Bronchiectasis Symptoms

The early airway damage that leads to bronchiectasis often begins in childhood. However, symptoms may not appear until months or even years after repeated lung infections.

Repeated lung infections create a cycle of lung damage and flare-ups. These infections lead to  inflammation  and  mucus  buildup in the lungs. Although treatments can help clear the mucus, the inflammation creates new lung damage that makes a later infection more likely. The later infection then starts the cycle again. Healthcare providers often use the term  exacerbation  to describe these flare-ups from infection.

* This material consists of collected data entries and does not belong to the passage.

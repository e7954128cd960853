-- ===== src/Queries/Seen.antt =====
-- What react-query tells keys apart by, and what the server is asked. react-query compares the texts
-- `JSON.stringify(key)` makes, with the fields of each object in the order of their names; an
-- `undefined` field is left out of it. axios leaves an `undefined` parameter out of the address. So an
-- object is here what is read from it.
use finance_buddy.Api.Request.{Body, Params, Request, Value, Verb, undefined}
use finance_buddy.Prelude.{
  Bool, Bool-cases, List, Option, String, Text, eq_iff, inl, inr, lookup, lookup-insert, none, refl,
  some, ◌==◌, ◌∷◌, ◌≡◌, ◌≢◌, [], insert, subst, sym, ◌∙◌,
}
use finance_buddy.Queries.Key.{Key, Part, boolean, fields, nothing, spread, str}

abbrev pub Fields : Type 0
Fields = String → Option Value

abbrev present : Option Value → Option Value
present none = none
present (some undefined) = none
present (some v) = some v

abbrev pub read : Params → Fields
read p k = present (lookup k p)

pub data SeenPart : Type 0 where
  seen_str : Text → SeenPart
  seen_fields : Fields → SeenPart
  seen_boolean : Bool → SeenPart
  seen_nothing : SeenPart

abbrev pub SeenKey : Type 0
SeenKey = List SeenPart

abbrev pub seen_part : Part → SeenPart
seen_part (str t) = seen_str t
seen_part (fields p) = seen_fields (read p)
seen_part (boolean b) = seen_boolean b
seen_part nothing = seen_nothing

abbrev pub seen_key : Key → SeenKey
seen_key [] = []
seen_key (part ∷ key) = seen_part part ∷ seen_key key

pub record SeenRequest : Type 0 where
  pub verb : Verb
  pub path : Text
  pub fields : Fields
  pub headers : List (String × Text)
  pub body : Body

abbrev pub seen_request : Request → SeenRequest
seen_request r = record {
  verb = r.verb;
  path = r.path;
  fields = read r.params;
  headers = r.headers;
  body = r.body;
}

-- An object with each field once and none `undefined`.
abbrev pub IsPlain : Params → Type 0
IsPlain [] = Unit
IsPlain ((k, v) ∷ p) = (lookup k p ≡ none) × (v ≢ undefined) × IsPlain p

-- `{ ...p, ...extra }`, of what is read.
abbrev over : Option Value → Option Value → Option Value
over none below = below
over (some v) below = some v

abbrev pub merged : Fields → Fields → Fields
merged p extra k = over (extra k) (p k)

present_of_ne : (v : Value) → v ≢ undefined → present (some v) ≡ some v
present_of_ne (Value.text t) h = refl
present_of_ne (Value.num n) h = refl
present_of_ne (Value.flag b) h = refl
present_of_ne (Value.file t) h = refl
present_of_ne (Value.any t) h = refl
present_of_ne Value.null h = refl
present_of_ne undefined h = absurd (h refl)

read-spread :
    (extra p : Params) (k : String)
    → IsPlain extra
    → read (spread p extra) k ≡ merged (read p) (read extra) k
unfolding spread lookup
read-spread [] p k h = refl
read-spread ((j, v) ∷ extra) p k h =
    read-spread extra (insert j v p) k h.2 ∙ elim (Bool-cases (j == k)) [
      | inl e ↦
          let gone : lookup k extra ≡ none =
            subst (λ i. lookup i extra ≡ none) ((eq_iff j k).0 e) h.0 in
          rw (gone, lookup-insert j k v p, e, present_of_ne v h.1) refl
      | inr e ↦ rw (lookup-insert j k v p, e) refl
    ]

pub merged-spread :
    (p extra : Params) → IsPlain extra → merged (read p) (read extra) ≡ read (spread p extra)
merged-spread p extra h = λ i k. sym (read-spread extra p k h) i

pub IsPlain-single : (k : String) (v : Value) → v ≢ undefined → IsPlain ((k, v) ∷ [])
unfolding lookup
IsPlain-single k v h = (refl, h, tt)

Your provider may diagnose an exacerbation if you have been experiencing certain symptoms for at least 48 hours.

The most common symptoms of bronchiectasis include:

  • A daily cough that occurs over at least 8 weeks
  • Daily production of large amounts of sputum (a mix of saliva and fluid from the lungs) that is coughed up and may have mucus, trapped particles, and pus
  • Shortness of breath and wheezing (a whistling sound when you breathe) that gets worse during flare-ups
  • Chest pain
  • Fevers and/or chills when accompanied by chronic inflammation and infection
  • Fatigue
  • Clubbing  (thickened skin under your fingernails and toenails that causes the nails to curve downward)

Your provider may also hear abnormal sounds, such as loud wheezes or whistling noises, when listening to your lungs.

Over time, you may develop more serious symptoms. You may cough up blood or bloody mucus and feel very tired. Children may lose weight or grow more slowly.